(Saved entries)
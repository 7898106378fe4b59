-- ===== src/Embedder/Memory/Provenanced.antt =====
-- The metadata that the endpoints of nodes/embedder_4070/server.py write is provenanced.
use project_nexus.Prelude.{ℕ, ◌+◌, ◌≡◌, refl, true, List, [], ◌∷◌, String, arith, All}
use project_nexus.Py.Dict.{lookup}
use project_nexus.Py.Value.{str}
use project_nexus.Py.Text.{strip}
use project_nexus.Embedder.Scopes.Defs.{
  Meta, ok, meta_or_empty, readable_scopes, among, origins, shared_scope, household_member_id,
  validate_write_scope, validate_origin, build_event_metadata, build_promotion_metadata,
}
use project_nexus.Embedder.Scopes.Provenance.{promotion_faithful}
use project_nexus.Embedder.Memory.Chroma.{zip_rows}
use project_nexus.Embedder.Memory.Requests.{
  WriteRequest, number_chunks, check_provenance, chunk_meta,
}
use project_nexus.Embedder.Memory.Log.{IsProvenanced, IsLogged}

pub zip_rows-IsLogged :
    {Vec : Type 0} (ids documents : List String) (embeddings : List Vec) (metadatas : List Meta)
    → All IsProvenanced metadatas
    → All (λ e. IsLogged e.1) (zip_rows ids documents embeddings metadatas)
unfolding zip_rows meta_or_empty
zip_rows-IsLogged (i ∷ ids) (d ∷ ds) (e ∷ es) (m ∷ ms) h = (h.0, zip_rows-IsLogged ids ds es ms h.1)
zip_rows-IsLogged [] ds es ms h = tt
zip_rows-IsLogged (i ∷ ids) [] es ms h = tt
zip_rows-IsLogged (i ∷ ids) (d ∷ ds) [] ms h = tt
zip_rows-IsLogged (i ∷ ids) (d ∷ ds) (e ∷ es) [] h = tt

-- A write whose checks pass names a scope of its member and a known origin.
unfoldable pub IsAllowed : WriteRequest → Type 0
IsAllowed req =
    (among req.scope (readable_scopes req.member_id) ≡ true) × (among req.origin origins ≡ true)

pub allowed : (req : WriteRequest) → check_provenance req ≡ ok tt → IsAllowed req
unfolding check_provenance validate_write_scope validate_origin IsAllowed
allowed req h = (ground arith, ground arith)

chunk_meta-IsProvenanced :
    (session_id : String) (req : WriteRequest) (total idx : ℕ)
    → IsAllowed req
    → IsProvenanced (chunk_meta session_id req total idx)
unfolding chunk_meta IsAllowed lookup
chunk_meta-IsProvenanced session_id req total idx h = record {
  member = req.member_id;
  scope = req.scope;
  origin = req.origin;
  has_member = refl;
  has_scope = refl;
  has_origin = refl;
  readable = h.0;
  known = h.1;
}

pub number_chunks-IsProvenanced :
    (session_id : String) (req : WriteRequest) (total idx : ℕ) (chunks : List String)
    → IsAllowed req
    → All IsProvenanced (number_chunks session_id req total idx chunks).1
unfolding number_chunks
number_chunks-IsProvenanced session_id req total idx [] h = tt
number_chunks-IsProvenanced session_id req total idx (c ∷ chunks) h = (
  chunk_meta-IsProvenanced session_id req total idx h,
  number_chunks-IsProvenanced session_id req total (idx + 1) chunks h,
)

event_meta_inv :
    (source ts by : String) (meta : Meta)
    → build_event_metadata source ts by ≡ ok meta
    → meta
      ≡ ("scope", str shared_scope)
        ∷ ("member_id", str household_member_id)
        ∷ ("origin", str "sensor")
        ∷ ("sensor_source", str (strip source))
        ∷ ("reported_by", str by)
        ∷ ("participants", str "")
        ∷ ("ts", str ts)
        ∷ []
unfolding build_event_metadata
event_meta_inv source ts by meta h = ground arith

pub event_meta-IsProvenanced :
    (source ts by : String) (meta : Meta)
    → build_event_metadata source ts by ≡ ok meta
    → IsProvenanced meta
unfolding lookup among readable_scopes
event_meta-IsProvenanced source ts by meta h = rw (event_meta_inv source ts by meta h) (record {
  member = household_member_id;
  scope = shared_scope;
  origin = "sensor";
  has_member = refl;
  has_scope = refl;
  has_origin = refl;
  readable = ground arith;
  known = refl;
})

pub promoted-IsProvenanced :
    (source meta : Meta) (m by i : String)
    → build_promotion_metadata source m by i ≡ ok meta
    → IsProvenanced meta
unfolding among readable_scopes
promoted-IsProvenanced source meta m by i h =
    let p = promotion_faithful source meta m by i h in
    record {
      member = household_member_id;
      scope = shared_scope;
      origin = "promotion";
      has_member = p.member;
      has_scope = p.scope;
      has_origin = p.origin;
      readable = ground arith;
      known = ground arith;
    }
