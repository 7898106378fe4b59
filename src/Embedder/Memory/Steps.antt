-- ===== src/Embedder/Memory/Steps.antt =====
-- What each handler of nodes/embedder_4070/server.py does to the log.
use project_nexus.Prelude.{
  ℕ, ◌≡◌, refl, ◌⊎◌, sym, Option, none, some, List, [], ◌∷◌, String, ◌==◌, subst, fun_ext,
  Bool-cases, arith, All, inl, inr,
}
use project_nexus.Py.Dict.{Dict}
use project_nexus.Py.Text.{strip}
use project_nexus.Embedder.Scopes.Defs.{Meta, Checked, ok, value_error, meta_or_empty}
use project_nexus.Embedder.Memory.Chroma.{Row, Chroma, zip_rows, add_documents}
use project_nexus.Embedder.Memory.Requests.{
  Response, returns, http_error, WriteRequest, PromoteRequest, EventRequest, ChunkSettings,
  check_provenance,
}
use project_nexus.Embedder.Memory.Endpoints.{
  added, write_chunks, write_checked, write_session, write_event, memory_event, copy_row,
  promote_source, promote_target,
}
use project_nexus.Embedder.Memory.Provenanced.{
  zip_rows-IsLogged, IsAllowed, allowed, number_chunks-IsProvenanced, event_meta-IsProvenanced,
  promoted-IsProvenanced,
}
use project_nexus.Embedder.Memory.Log.{IsProvenanced, IsLogged, Log, same, merge-Log}

Checked-cases : (r : Checked (Unit {0})) → (r ≡ ok tt) ⊎ (r ≡ value_error)
Checked-cases (ok u) = inl refl
Checked-cases value_error = inr refl

-- The requests that may change the memory.
pub data Request : Type 0 where
  write : WriteRequest → Option String → Request
  event : String → EventRequest → Request
  promote : PromoteRequest → Request

module _ {Coll Vec Dist : Type 0} (db : Chroma Coll Vec Dist) (encode : String → Vec) where
  add-Log :
      (batch : Dict (Row Vec)) (c : Coll)
      → All (λ e. IsLogged e.1) batch
      → Log (db.get c) (db.get (db.add batch c))
  add-Log batch c h =
      subst (Log (db.get c)) (sym (fun_ext (db.get-add batch c))) (merge-Log batch (db.get c) h)

  -- A batch is refused, is empty, or is added.
  add_documents_cases :
      (ids documents : List String) (embeddings : List Vec) (metadatas : List Meta) (c : Coll)
      → (add_documents db ids documents embeddings metadatas c ≡ value_error)
        ⊎ (add_documents db ids documents embeddings metadatas c ≡ ok c)
        ⊎ (add_documents db ids documents embeddings metadatas c
            ≡ ok (db.add (zip_rows ids documents embeddings metadatas) c))
  unfolding add_documents
  add_documents_cases ids ds es ms c = ground arith

  added-Log :
      {A : Type 0} (response : A) (ids documents : List String) (embeddings : List Vec)
      (metadatas : List Meta) (c : Coll)
      → All IsProvenanced metadatas
      → Log
          (db.get c)
          (db.get (added response c (add_documents db ids documents embeddings metadatas c)).1)
  unfolding added
  added-Log response ids ds es ms c h = elim (add_documents_cases ids ds es ms c) [
    | inl e ↦ rw e same
    | inr (inl e) ↦ rw e same
    | inr (inr e) ↦ rw e (add-Log (zip_rows ids ds es ms) c (zip_rows-IsLogged ids ds es ms h))
  ]

  write_chunks-Log :
      (req : WriteRequest) (session_id : String) (chunks : List String) (c : Coll)
      → IsAllowed req
      → Log (db.get c) (db.get (write_chunks db encode req session_id chunks c).1)
  unfolding write_chunks
  write_chunks-Log req session_id [] c h = same
  write_chunks-Log req session_id (chunk ∷ more) c h =
      added-Log _ _ _ _ _ c (number_chunks-IsProvenanced session_id req _ 0 (chunk ∷ more) h)

  write_checked-Log :
      (tokens : String → ℕ) (settings : ChunkSettings) (req : WriteRequest) (session_id : String)
      (c : Coll)
      → Log (db.get c) (
          db.get
            (write_checked db encode tokens settings req session_id (check_provenance req) c).1)
  unfolding write_checked
  write_checked-Log tokens settings req session_id c = elim (Checked-cases (check_provenance req)) [
    | inl e ↦ rw e (write_chunks-Log req session_id _ c (allowed req e))
    | inr e ↦ rw e same
  ]

  pub write_session-Log :
      (tokens : String → ℕ) (settings : ChunkSettings) (req : WriteRequest)
      (session : Response String) (c : Coll)
      → Log (db.get c) (db.get (write_session db encode tokens settings req session c).1)
  unfolding write_session
  write_session-Log tokens settings req (http_error status) c = same
  write_session-Log tokens settings req (returns session_id) c =
      write_checked-Log tokens settings req session_id c

  write_event-Log :
      (hex summary : String) (r : Checked Meta) (c : Coll)
      → ((meta : Meta) → r ≡ ok meta → IsProvenanced meta)
      → Log (db.get c) (db.get (write_event db encode hex summary r c).1)
  unfolding write_event
  write_event-Log hex summary value_error c h = same
  write_event-Log hex summary (ok meta) c h = added-Log _ _ _ _ _ c (h meta refl, tt)

  pub memory_event-Log :
      (hex : String) (req : EventRequest) (c : Coll)
      → Log (db.get c) (db.get (memory_event db encode hex req c).1)
  unfolding memory_event
  memory_event-Log hex req c = elim (Bool-cases (strip req.summary == "")) [
    | inl e ↦ rw e same
    | inr e ↦ rw e (
        write_event-Log hex (strip req.summary) _ c
          (λ meta. event_meta-IsProvenanced req.sensor_source req.ts req.reported_by meta))
  ]

  copy_row-Log :
      (req : PromoteRequest) (document : String) (embedding : Option Vec) (meta : Option Meta)
      (r : Checked Meta) (c : Coll)
      → ((meta : Meta) → r ≡ ok meta → IsProvenanced meta)
      → Log (db.get c) (
          db.get
            (copy_row db encode req
              (record { document = document; embedding = embedding; metadata = meta })
              r
              c).1)
  unfolding copy_row
  copy_row-Log req document embedding old value_error c h = same
  copy_row-Log req document none old (ok meta) c h = same
  copy_row-Log req document (some e) old (ok meta) c h = added-Log _ _ _ _ _ c (h meta refl, tt)

  promote_source-Log :
      (req : PromoteRequest) (source : Option (Row Vec)) (c : Coll)
      → Log (db.get c) (db.get (promote_source db encode req source c).1)
  unfolding promote_source
  promote_source-Log req none c = same
  promote_source-Log req (some source) c =
      copy_row-Log req source.document source.embedding source.metadata _ c (λ meta.
        promoted-IsProvenanced (meta_or_empty source.metadata) meta req.member_id req.promoted_by
          req.memory_id)

  pub promote_target-Log :
      (req : PromoteRequest) (target : Option (Row Vec)) (c : Coll)
      → Log (db.get c) (db.get (promote_target db encode req target c).1)
  unfolding promote_target
  promote_target-Log req (some row) c = same
  promote_target-Log req none c = promote_source-Log req (db.get c req.memory_id) c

Problem: Every line of the entries that includes "none" must be copied into the answer.

Answer area:
  ℕ, ◌≡◌, refl, ◌⊎◌, sym, Option, none, some, List, [], ◌∷◌, String, ◌==◌, subst, fun_ext,
  copy_row-Log req document none old (ok meta) c h = same
  promote_source-Log req none c = same
  promote_target-Log req none c = promote_source-Log req (db.get c req.memory_id) c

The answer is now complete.